Film appearance : A 30 μm film was extruded using a 25 mm extruder having a T-die connected to the tip, and the surface appearance was evaluated. The fisheye and smoothness were comprehensively evaluated and classified according to the following ranks.
◎: Good, ○: Somewhat good, △: Somewhat bad, ×: Bad

<Examples 1-4, Comparative Examples 1-5>
As the continuous reaction apparatus, an acetal copolymer was produced using the above-mentioned two continuous reactors and a stopper mixer connected in series. From the inlet of the first reactor, a mixture of 90.0 kg / hr of trioxane and 3.6 kg / hr of 1,3-dioxolane was mixed with a cyclic siloxane compound and a benzene solution of methylal (25 wt. %), And further a benzene solution of boron trifluoride diethyl etherate (preparation concentration: 0.6 mol / kg) was added as a catalyst and immediately introduced into the reactor to carry out the reaction continuously. The first unit jacket temperature (polymerization temperature) was set to 85 ° C., and the second stage and terminator mixer jacket temperatures were set to 60 and 40 ° C., respectively. Also, from the inlet of the terminator mixer, triphenylphosphine twice the amount of the catalyst used was continuously supplied as a benzene solution (preparation concentration: 0.6 mol / kg) to stop the polymerization and pulverize.

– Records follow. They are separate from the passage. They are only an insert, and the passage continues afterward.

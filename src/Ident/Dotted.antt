-- ===== src/Ident/Dotted.antt =====
-- internal/util/ident: a qualified name that was quoted is parsed as what it was.
use cdc_sink.Base.{
  ℕ, zero, suc, ◌≤◌, ◌<◌, ◌≡◌, ◌≢◌, refl, sym, ap, ◌∙◌, false, none, some, List, [], ◌∷◌, ◌++◌,
  append_nil, append_assoc, length, length-append, map, All, arith,
}
use cdc_sink.Ident.{
  Text, separator, Ident, new, Table, table, atom_string, atom_empty, join_parts, string, idents,
  array_idents,
}
use cdc_sink.Ident.Schema.{key_of_parts}
use cdc_sink.Ident.Parse.{
  done, parse_ident, after_part, dotted_loop, parse_dotted, parse_table, table_of_parts, split_last,
}
use cdc_sink.Ident.RoundTrip.{IsText, nothing, ascii, parse_ident-atom_string}

abbrev joined : List Text → Text
joined parts = join_parts atom_string separator (map new parts)

step-last :
    (fuel : ℕ) (acc : List Ident) (a : Text)
    → IsText a
    → dotted_loop (suc fuel) acc (atom_string (new a)) ≡ done (acc ++ new a ∷ [])
unfolding dotted_loop atom_string after_part
step-last fuel acc a text =
    let parsed = parse_ident-atom_string a [] text nothing in
    let same : atom_string (new a) ++ [] ≡ atom_string (new a) = append_nil (atom_string (new a)) in
    let here : parse_ident (atom_string (new a)) ≡ done (new a, []) =
      ap parse_ident (sym same) ∙ parsed in
    rw here refl

step-next :
    (fuel : ℕ) (acc : List Ident) (a rest : Text)
    → IsText a
    → dotted_loop (suc fuel) acc (atom_string (new a) ++ (separator ∷ rest))
      ≡ dotted_loop fuel (acc ++ new a ∷ []) rest
unfolding dotted_loop atom_string after_part
step-next fuel acc a rest text =
    let here =
      parse_ident-atom_string a (separator ∷ rest) text
        (ascii separator rest (omega arith) (λ p. omega (arith, p))) in
    rw here refl

length-atom_string : (a : Text) → 0 < length (atom_string (new a))
unfolding atom_string
length-atom_string a = omega arith

dotted_loop-joined :
    (fuel : ℕ) (acc : List Ident) (a : Text) (parts : List Text)
    → All IsText (a ∷ parts)
    → length (joined (a ∷ parts)) ≤ fuel
    → dotted_loop fuel acc (joined (a ∷ parts)) ≡ done (acc ++ map new (a ∷ parts))
unfolding join_parts
dotted_loop-joined zero acc a [] texts enough = absurd (omega (arith, enough, length-atom_string a))
dotted_loop-joined (suc fuel) acc a [] texts enough = step-last fuel acc a texts.0
dotted_loop-joined zero acc a (b ∷ parts) texts enough = absurd (
    omega (
      arith,
      enough,
      length-atom_string a,
      length-append (atom_string (new a)) (separator ∷ joined (b ∷ parts)),
    ))
dotted_loop-joined (suc fuel) acc a (b ∷ parts) texts enough =
    let less : length (joined (b ∷ parts)) ≤ fuel = omega (
      arith,
      enough,
      length-atom_string a,
      length-append (atom_string (new a)) (separator ∷ joined (b ∷ parts)),
    ) in
    step-next fuel acc a (joined (b ∷ parts)) texts.0
    ∙ dotted_loop-joined fuel (acc ++ new a ∷ []) b parts texts.1 less
    ∙ ap done (append_assoc acc (new a ∷ []) (map new (b ∷ parts)))

parse_dotted-joined :
    (a : Text) (parts : List Text)
    → All IsText (a ∷ parts)
    → parse_dotted (joined (a ∷ parts)) ≡ done (map new (a ∷ parts))
unfolding parse_dotted
parse_dotted-joined a parts texts =
    dotted_loop-joined (length (joined (a ∷ parts))) [] a parts texts (omega arith)

-- A table by the parts of its schema, and its name.
abbrev pub table_named : List Text → Text → Table
table_named [] name = some (record { namespace = none; terminal = new name })
table_named (a ∷ parts) name =
    some (record { namespace = some (key_of_parts (map new (a ∷ parts))); terminal = new name })

-- The first part of the name is not blank, so that no part is dropped.
abbrev pub IsNamed : List Text → Text → Type 0
IsNamed [] name = name ≢ []
IsNamed (a ∷ parts) name = a ≢ []

atom_empty-new : (a : Text) → a ≢ [] → atom_empty (new a) ≡ false
unfolding atom_empty
atom_empty-new [] h = absurd (h refl)
atom_empty-new (c ∷ s) h = refl

-- A table with at most two parts in its schema, all of its parts in UTF-8 without U+FFFD, the rune that
-- stands for an error, and the first not blank, is the one that `ParseTable` makes of what `String`
-- prints for it.
pub parse_table-string :
    (parts : List Text) (name : Text)
    → All IsText parts
    → IsText name
    → length parts ≤ 2
    → IsNamed parts name
    → parse_table (string (table (table_named parts name))) ≡ done (table_named parts name)
unfolding parse_table string idents array_idents table_of_parts split_last key_of_parts
parse_table-string [] name texts text few named =
    rw (atom_empty-new name named, parse_dotted-joined name [] (text, tt)) refl
parse_table-string (a ∷ []) name texts text few named =
    rw (atom_empty-new a named, parse_dotted-joined a (name ∷ []) (texts.0, (text, tt))) refl
parse_table-string (a ∷ b ∷ []) name texts text few named =
    rw
      (
        atom_empty-new a named,
        parse_dotted-joined a (b ∷ name ∷ []) (texts.0, (texts.1.0, (text, tt))),
      )
      refl
parse_table-string (a ∷ b ∷ d ∷ parts) name texts text few named = absurd (omega (arith, few))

As a result, a crude copolymer was obtained. The polymerization yield of the crude copolymer obtained at this time was 98%. Next, to 100 parts by weight of the obtained crude copolymer, glycol-bis-3- (3-tert-butyl-4-hydroxy-5-methylphenyl) propionate (manufactured by Ciba Specialty Chemicals, trade name; Irganox 245) ) 0.3 parts by weight and 0.05 parts by weight of melamine were added and premixed using a Henschel mixer. Thereafter, it was supplied to a vented twin-screw extruder, and melt-kneaded at 200 ° C. under reduced pressure of 21.3 kPa to be pelletized. Using the obtained pellets, they were molded and subjected to a tensile test. The results are shown in Table 1.

Claims (3)

(A) 100 parts by weight of trioxane, (B) 0.1-30 parts by weight of a cyclic ether compound copolymerizable with trioxane, and (C) a polyacetal copolymer obtained by copolymerizing 0.005-50 parts by weight of a cyclic siloxane compound. Polymer. (C) The polyacetal copolymer according to claim 1, wherein the cyclic siloxane compound is at least one selected from cyclic siloxane compounds represented by the following formula (1).

(In the formula, R ¹ and R ² are the same or different, both are C _{1 to} C ₂₀ hydrocarbon groups, and n is an integer of 3 to 20) The polyacetal copolymer according to claim ² , wherein R ¹ and R ² in the formula (1) are methyl groups.